# [Exercise description]
Search the records for the word "invalid" and copy every line in which it occurs.

Saved data entries:
----
-- ===== src/Server/Pairing/Redeeming.antt =====
-- internal/server/auth.go, `Pair`: a poll that is answered with a token.
use lab_gate.Prelude.{
  ℕ, ◌+◌, Text, codes, List, [], ◌∷◌, ◌++◌, Option, none, some, true, false, not, ◌||◌, ◌==◌,
  ==_iff, text_eq, nat_eq, first, first-eq-some, All-append, fail, unique, no_rows, io, other,
  Error, Result, ok, err, Ensures, Ensures-ok, Ensures-err, Ensures-then, Ensures-if, ◌≡◌, refl,
  sym, ap, ◌∙◌, Bool-cases, inl, inr, arith,
}
use lab_gate.Config.{Config, admin}
use lab_gate.Store.{login, tx}
use lab_gate.Server.Tables.{cli, Login, Approval, Pairing, Site, remove}
use lab_gate.Server.Tables.Transactions.{tx-ok, insert_login-Leaves, log_event-Leaves}
use lab_gate.Server.Request.{
  Request, Json, body, equal, Answer, failure, granted, Response, plain, problem, Moment,
}
use lab_gate.Server.Auth.{week}
use lab_gate.Server.Auth.Admission.{Entitled, AllEntitled}
use lab_gate.Server.Pairing.{is_open, Poll, redeem, redeem_found, polled, poll, Bodies, handle_pair}
use lab_gate.Server.Pairing.Steps.{Steps, stays, starts, approves, redeems, handle_pair-Steps}

-- A pairing of the id with the secret, which an administrator approved, gave way to a session of
-- theirs under the token, for a week.
pub record IsRedeemed (hash : Text → Text) (c : Config) (w : Moment) (b : Poll) (s : Site)
    (raw : Text) (s' : Site) : Type 0 where
  pairing : Pairing
  approval : Approval
  was_open : first (is_open b.id (w.clock 0)) s.pairings ≡ some pairing
  knows_secret : equal pairing.secret_hash (hash b.secret) ≡ true
  approved : pairing.approval ≡ some approval
  by_admin : admin c approval.email ≡ true
  used_up : s'.pairings ≡ remove (λ q. q.id == pairing.id) s.pairings
  opened :
      s'.logins
      ≡ s.logins
        ++ record {
          token_hash = hash raw;
          user = record { email = approval.email; name = approval.name; kind = cli };
          expires = w.clock 1 + week;
        }
          ∷ []

abbrev token_of : Answer → Option Text
token_of (granted raw) = some raw
token_of a = none

problem_grants_nothing : (e : Error) → token_of (problem e) ≡ none
unfolding problem
problem_grants_nothing (fail code message) = refl
problem_grants_nothing unique = refl
problem_grants_nothing no_rows = refl
problem_grants_nothing io = refl
problem_grants_nothing (other message) = refl

module _ (hash : Text → Text) (c : Config) (w : Moment) (b : Poll) (s : Site) where
  abbrev Outcome : Option Text × Site → Type 0
  Outcome (none, s') = Unit {0}
  Outcome (some raw, s') = IsRedeemed hash c w b s raw s'

  redeem-Outcome :
      (p : Pairing)
      → first (is_open b.id (w.clock 0)) s.pairings ≡ some p
      → equal p.secret_hash (hash b.secret) ≡ true
      → Ensures Outcome (redeem hash c w p s)
  unfolding redeem
  redeem-Outcome p f k = by_approval p.approval refl
    where
      row : Approval → Login
      row a = record {
        token_hash = hash (w.random 0);
        user = record { email = a.email; name = a.name; kind = cli };
        expires = w.clock 1 + week;
      }

      rest : Site
      rest = record s { pairings = remove (λ q. q.id == p.id) s.pairings }

      Left : Approval → List Login → List Pairing → Type 0
      Left a ls ps = (ps ≡ rest.pairings) × (ls ≡ s.logins ++ row a ∷ [])

      by_approval : (a : Option Approval) → p.approval ≡ a → Ensures Outcome (redeem hash c w p s)
      by_approval none e = rw e (Ensures-ok Outcome (none, s) tt)
      by_approval (some a) e = elim (Bool-cases (admin c a.email)) [
        | inr removed ↦
            rw (e, removed) (Ensures-err Outcome (fail 403 "Administrator access removed"))
        | inl good ↦
            rw (e, good)
              (Ensures-then Outcome (insert_login-Leaves (Left a) (row a) rest (refl, refl))
                (λ s' m.
                  Ensures-then Outcome
                    (log_event-Leaves (Left a) (w.random 1) a.email login (codes "CLI login")
                      (w.clock 2) s' m)
                    (λ s'' m'.
                      Ensures-ok Outcome (some (w.random 0), s'')
                        (record {
                          pairing = p;
                          approval = a;
                          was_open = f;
                          knows_secret = k;
                          approved = e;
                          by_admin = good;
                          used_up = m'.0;
                          opened = m'.1;
                        }))))
      ]

  found-Outcome :
      (p : Option Pairing)
      → first (is_open b.id (w.clock 0)) s.pairings ≡ p
      → Ensures Outcome (redeem_found hash c w b.secret p s)
  found-Outcome none e = Ensures-err Outcome (fail 400 "Pairing expired or invalid")
  found-Outcome (some p) e =
      Ensures-if Outcome (w.unread || not (equal p.secret_hash (hash b.secret)))
        (err (fail 400 "Pairing expired or invalid")) (redeem hash c w p s)
        (λ h. Ensures-err Outcome (fail 400 "Pairing expired or invalid"))
        (λ h. redeem-Outcome p e (ground (arith, h)))

  granted_by :
      (x : Result (Option Text) × Site) (raw : Text) (s' : Site)
      → polled hash x ≡ (plain (granted raw), s')
      → x ≡ (ok (some raw), s')
  granted_by (ok (some raw'), s'') raw s' h =
      let token : some raw' ≡ some raw = ap (λ (x : Response × Site). token_of x.0.answer) h in
      let left : s'' ≡ s' = ap (λ (x : Response × Site). x.1) h in
      ap (λ t. (ok t, s'')) token ∙ ap (λ z. (ok (some raw), z)) left
  granted_by (ok none, s'') raw s' h =
      let token : none ≡ some raw = ap (λ (x : Response × Site). token_of x.0.answer) h in cc
  granted_by (err e, s'') raw s' h =
      let token : token_of (problem e) ≡ some raw =
        ap (λ (x : Response × Site). token_of x.0.answer) h in
      let nothing = problem_grants_nothing e in cc (token, nothing)

-- A poll that is answered with a token has redeemed the pairing it names, under the secret it carries.
pub granted-IsRedeemed :
    (hash : Text → Text) (c : Config) (w : Moment) (r : Request (Json Poll)) (b : Poll) (s : Site)
    (raw : Text) (s' : Site)
    → body r.json ≡ ok b
    → poll hash c w r s ≡ (plain (granted raw), s')
    → IsRedeemed hash c w b s raw s'
unfolding poll
granted-IsRedeemed hash c w r b s raw s' e h =
    let x = granted_by hash c w b s _ raw s' (rw e at h) in
    let done =
      tx-ok w.fault
        (λ s. redeem_found hash c w b.secret (first (is_open b.id (w.clock 0)) s.pairings) s) s s'
        (some raw) x in
    let o = found-Outcome hash c w b s (first (is_open b.id (w.clock 0)) s.pairings) refl in
    o.at (some raw, s') done

gone :
    (id : Text) (now : ℕ) (p : Pairing) (ps : List Pairing)
    → p.id ≡ id
    → first (is_open id now) (remove (λ q. q.id == p.id) ps) ≡ none
gone id now p [] e = refl
gone id now p (q ∷ ps) e = ground (arith, e, gone id now p ps e)

-- A pairing gives one token: after a poll that is answered with one, a poll of the same pairing that
-- the database does not fail is refused, whatever secret it carries and whenever it comes.
pub granted_once :
    (hash : Text → Text) (c : Config) (w w' : Moment) (r r' : Request (Json Poll)) (b b' : Poll)
    (s : Site) (raw : Text) (s' : Site)
    → body r.json ≡ ok b
    → poll hash c w r s ≡ (plain (granted raw), s')
    → body r'.json ≡ ok b'
    → b'.id ≡ b.id
    → w'.fault ≡ false
    → (poll hash c w' r' s').0 ≡ plain (failure 400 "Pairing expired or invalid")
unfolding poll tx problem
granted_once hash c w w' r r' b b' s raw s' e h e' same fine =
    let d = granted-IsRedeemed hash c w r b s raw s' e h in
    let hit = first-eq-some (is_open b.id (w.clock 0)) s.pairings {a = d.pairing} d.was_open in
    let named : d.pairing.id ≡ b'.id =
      (==_iff d.pairing.id b.id).0 (ground (arith, hit)) ∙ sym same in
    rw (e', fine, d.used_up, gone b'.id (w'.clock 0) d.pairing s.pairings named) refl

-- Where each session's user is entitled to it, each is after a request to `Pair`, whatever it answers.
pub handle_pair-AllEntitled :
    (hash : Text → Text) (c : Config) (w : Moment) (r : Request Bodies) (s : Site)
    → AllEntitled c s.logins
    → AllEntitled c (handle_pair hash c w r s).1.logins
handle_pair-AllEntitled hash c w r s a = by_move (handle_pair-Steps hash c w r s)
  where
    by_move :
        {ls' : List Login} {ps' : List Pairing}
        → Steps c s.logins s.pairings ls' ps'
        → AllEntitled c ls'
    by_move (stays el ep) = rw el a
    by_move (starts now p u el ep) = rw el a
    by_move (approves code now ap good el ep) = rw el a
    by_move (redeems id now p ap l f e good u el ep) = rw el (
        All-append (λ l. Entitled c l.user) s.logins (l ∷ []) a
          (unfold Entitled in (rw u good), tt))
----
# [The answer]
  found-Outcome none e = Ensures-err Outcome (fail 400 "Pairing expired or invalid")
        (err (fail 400 "Pairing expired or invalid")) (redeem hash c w p s)
        (λ h. Ensures-err Outcome (fail 400 "Pairing expired or invalid"))
    → (poll hash c w' r' s').0 ≡ plain (failure 400 "Pairing expired or invalid")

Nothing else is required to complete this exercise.